Dataset entries:
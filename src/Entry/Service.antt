-- ===== src/Entry/Service.antt =====
-- The driver from the addition of its device on: the requests to the control device, the files and the
-- requests of both sides of every pair, and the cleanup, one after the other.
use ghostcom.Base.{
  ℕ, ==_iff, ◌≡◌, refl, sym, ap, subst, Bool, true, false, ◌||◌, Option, none, some, List, length,
}
use ghostcom.Status.{Status, success}
use ghostcom.Wdf.{Wdf, Completion}
use ghostcom.Pair.{PortPair}
use ghostcom.Life.{com_file_create, com_file_close, comp_file_create, comp_file_close}
use ghostcom.Kernel.{Kernel, DeviceCalls}
use ghostcom.Table.{Driver, put}
use ghostcom.Table.Well.{IsWell}
use ghostcom.Table.Touched.{touched_IsSound}
use ghostcom.Create.{PairCalls}
use ghostcom.Destroy.{DestroyCalls, self_managed_io_cleanup}
use ghostcom.Destroy.Cleanup.{self_managed_io_cleanup-IsWell}
use ghostcom.Control.{ControlIoctl, control_io_device_control}
use ghostcom.Control.Keeps.{control_io_device_control-IsWell}
use ghostcom.Transfer.{Ends}
use ghostcom.Session.{Event, gets_through, serve}
use ghostcom.Entry.{device_add}
use ghostcom.Entry.Start.{device_add-HoldsUnused}
use ghostcom.Entry.Owned.{IsOwned, Held, IsTouched}
use ghostcom.Entry.Owned.Closing.{com_file_close-Held, comp_file_close-Held}
use ghostcom.Entry.Owned.Opening.{com_file_create-Opened, comp_file_create-Opened}
use ghostcom.Entry.Owned.Serving.{ServedOwned, serve-ServedOwned}
use ghostcom.Entry.Fine.{Files, mark, at_all, IsFine, put-IsFine, control_io_device_control-IsFine}
use ghostcom.Entry.Fine.Emptied.{self_managed_io_cleanup-IsFine}

-- The driver with a pair written.
abbrev pub written : {Queue : Type 0} → Driver Queue → ℕ → Option (PortPair Queue) → Driver Queue
written d p left = record d { heap = put d.heap p left }

-- The outcomes of the calls of a creation, where memory that is given is not in use, and as long as was
-- asked for.
pub record IsSupplied {Queue : Type 0} (d : Driver Queue) (calls : PairCalls Queue) : Type 0 where
  pub fresh : (p : ℕ) → calls.pair_memory ≡ some p → d.heap p ≡ none
  pub first_long : (block : List ℕ) → calls.first_ring 65536 ≡ some block → length block ≡ 65536
  pub second_long : (block : List ℕ) → calls.second_ring 65536 ≡ some block → length block ≡ 65536

module _ (wdf : Wdf) (comm_prop : List ℕ) where
  open wdf use {Queue, Request}

  -- What is reached from an addition of the device, with the files that are open on the pairs: by
  -- requests to the control device, opens of the devices of a pair in memory, closes of open files,
  -- requests to a pair in memory, and the cleanup.
  pub data Serves : Driver Queue → Files → Type 0 where
    added :
        {d : Driver Queue}
        → (created lock : Status) (control : DeviceCalls Queue) (g_dev_ctx : Bool) (k : Kernel)
        → device_add created lock control g_dev_ctx k ≡ (success, some d)
        → Serves d (record { com_open = λ p. false; comp_open = λ p. false })
    requested :
        {d : Driver Queue} {files : Files}
        → (creating : PairCalls Queue) (destroying : DestroyCalls) (request : Request)
          (code : ControlIoctl)
        → IsSupplied d creating
        → Serves d files
        → Serves (control_io_device_control wdf creating destroying d request code).0 files
    com_opened :
        {d : Driver Queue} {files : Files}
        → (p : ℕ) (pp : PortPair Queue) (request : Request) → d.heap p ≡ some pp
        → Serves d files
        → Serves (written d p (some (com_file_create wdf pp request).0)) (record files {
          com_open = mark files.com_open p ((com_file_create wdf pp request).1 || files.com_open p);
        })
    comp_opened :
        {d : Driver Queue} {files : Files}
        → (p : ℕ) (pp : PortPair Queue) (request : Request) → d.heap p ≡ some pp
        → Serves d files
        → Serves (written d p (some (comp_file_create wdf pp request).0)) (record files {
          comp_open =
              mark files.comp_open p ((comp_file_create wdf pp request).1 || files.comp_open p);
        })
    com_closed :
        {d : Driver Queue} {files : Files}
        → (p : ℕ) (pp : PortPair Queue) → d.heap p ≡ some pp
        → files.com_open p ≡ true
        → Serves d files
        → Serves
            (written d p (com_file_close wdf pp).0)
            (record files { com_open = mark files.com_open p false })
    comp_closed :
        {d : Driver Queue} {files : Files}
        → (p : ℕ) (pp : PortPair Queue) → d.heap p ≡ some pp
        → files.comp_open p ≡ true
        → Serves d files
        → Serves
            (written d p (comp_file_close wdf pp))
            (record files { comp_open = mark files.comp_open p false })
    served :
        {d : Driver Queue} {files : Files}
        → (p : ℕ) (pp pp' : PortPair Queue) (event : Event Request)
          (done : List (Completion Request))
        → d.heap p ≡ some pp
        → gets_through event ≡ true
        → serve wdf comm_prop pp event ≡ some (pp', done)
        → Serves d files
        → Serves (written d p (some pp')) files
    cleaned :
        {d : Driver Queue} {files : Files}
        → (calls : ℕ → DestroyCalls) → Serves d files
        → Serves (self_managed_io_cleanup calls d) files

  -- The table and all pairs in memory are as they are to be.
  abbrev pub IsServed : Driver Queue → Files → Type 0
  IsServed d files = IsWell d × IsFine wdf d.heap files

  written-IsWell :
      (d : Driver Queue) (p : ℕ) (pp : PortPair Queue) (left : Option (PortPair Queue))
      → d.heap p ≡ some pp
      → IsTouched wdf pp left
      → IsWell d
      → IsWell (written d p left)
  written-IsWell d p pp left there touched w = record {
    long = w.long;
    counted = w.counted;
    sound = touched_IsSound d.heap p pp there left d.ports touched w.sound;
  }

  -- The pair at a pointer, with its files.
  IsOwned-at :
      (d : Driver Queue) (files : Files) (p : ℕ) (pp : PortPair Queue)
      → d.heap p ≡ some pp
      → IsFine wdf d.heap files
      → IsOwned wdf pp (files.com_open p) (files.comp_open p)
  IsOwned-at d files p pp there fine =
      subst (λ o. Held wdf o (files.com_open p) (files.comp_open p)) there (fine p)

  marked_com :
      (d : Driver Queue) (files : Files) (p : ℕ) (left : Option (PortPair Queue)) (b : Bool)
      → Held wdf left b (files.comp_open p)
      → IsFine wdf d.heap files
      → IsFine wdf (put d.heap p left) (record files { com_open = mark files.com_open p b })
  marked_com d files p left b h fine =
      at_all (λ q. Held wdf (put d.heap p left q) (mark files.com_open p b q) (files.comp_open q)) p
        (rw ((==_iff p p).1 refl) h) (λ q apart. rw apart (fine q))

  marked_comp :
      (d : Driver Queue) (files : Files) (p : ℕ) (left : Option (PortPair Queue)) (b : Bool)
      → Held wdf left (files.com_open p) b
      → IsFine wdf d.heap files
      → IsFine wdf (put d.heap p left) (record files { comp_open = mark files.comp_open p b })
  marked_comp d files p left b h fine =
      at_all (λ q. Held wdf (put d.heap p left q) (files.com_open q) (mark files.comp_open p b q)) p
        (rw ((==_iff p p).1 refl) h) (λ q apart. rw apart (fine q))

  -- From a successful addition of the device on, through any sequence of requests to the
  -- control device, opens and closes of both sides of the pairs, requests to the pairs (reads
  -- and writes of one byte at least, and the IOCTLs), and clean-ups: the port table has its
  -- 64 entries, its count is the number of entries that are not NULL, and its pointers lead
  -- to active pairs, no two of which have the same port number; each pair in memory has one
  -- reference for each side with an open file and one of its creation while it is active, and
  -- is freed with the last; no file is open on memory that is free; and each active pair
  -- knows which of its sides are open, has valid rings, no read that waits while there are
  -- bytes for it, and all six of its queues. Memory that is given for a new pair is not in
  -- use, and memory for a ring is as long as was asked for.
  pub Serves-IsServed : {d : Driver Queue} {files : Files} → Serves d files → IsServed d files
  Serves-IsServed (added {d} created lock control g_dev_ctx k e) =
      let (w, empty) =
        (device_add-HoldsUnused created lock control g_dev_ctx k).unused d (ap (λ r. r.1) e) in
      (w, λ q. subst (λ o. Held wdf o false false) (sym (empty q)) (refl, refl))
  Serves-IsServed (requested {d} {files} creating destroying request code supplied s) =
      let (w, fine) = Serves-IsServed s in
      (
        control_io_device_control-IsWell wdf creating destroying d supplied.fresh request code w,
        control_io_device_control-IsFine wdf creating destroying supplied.first_long
            supplied.second_long d files w supplied.fresh fine request code,
      )
  Serves-IsServed (com_opened {d} {files} p pp request there s) =
      let (w, fine) = Serves-IsServed s in
      let (owned, touched) =
        com_file_create-Opened wdf pp request _ _ (IsOwned-at d files p pp there fine) in
      (written-IsWell d p pp _ there touched w, marked_com d files p _ _ owned fine)
  Serves-IsServed (comp_opened {d} {files} p pp request there s) =
      let (w, fine) = Serves-IsServed s in
      let (owned, touched) =
        comp_file_create-Opened wdf pp request _ _ (IsOwned-at d files p pp there fine) in
      (written-IsWell d p pp _ there touched w, marked_comp d files p _ _ owned fine)
  Serves-IsServed (com_closed {d} {files} p pp there opened s) =
      let (w, fine) = Serves-IsServed s in
      let (held, touched) = com_file_close-Held wdf pp (files.comp_open p) (
        subst (λ b. IsOwned wdf pp b (files.comp_open p)) opened
          (IsOwned-at d files p pp there fine)) in
      (written-IsWell d p pp _ there touched w, marked_com d files p _ _ held fine)
  Serves-IsServed (comp_closed {d} {files} p pp there opened s) =
      let (w, fine) = Serves-IsServed s in
      let (held, touched) = comp_file_close-Held wdf pp (files.com_open p) (
        subst (λ b. IsOwned wdf pp (files.com_open p) b) opened
          (IsOwned-at d files p pp there fine)) in
      (written-IsWell d p pp _ there touched w, marked_comp d files p _ _ held fine)
  Serves-IsServed (served {d} {files} p pp pp' event done there h e s) =
      let (w, fine) = Serves-IsServed s in
      let (owned, touched) =
        subst
          (λ result.
            Ends (ServedOwned wdf comm_prop pp (files.com_open p) (files.comp_open p)) result)
          e (serve-ServedOwned wdf comm_prop pp event h (IsOwned-at d files p pp there fine)) in
      (written-IsWell d p pp _ there touched w, put-IsFine wdf d.heap files p _ owned fine)
  Serves-IsServed (cleaned {d} {files} calls s) =
      let (w, fine) = Serves-IsServed s in
      (
        (self_managed_io_cleanup-IsWell calls d w).0,
        self_managed_io_cleanup-IsFine wdf files calls d w fine,
      )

_Description of the task_
Which lines of the records contain "Completion"? Show each of them.

_Exercise response_
use ghostcom.Wdf.{Wdf, Completion}
          (done : List (Completion Request))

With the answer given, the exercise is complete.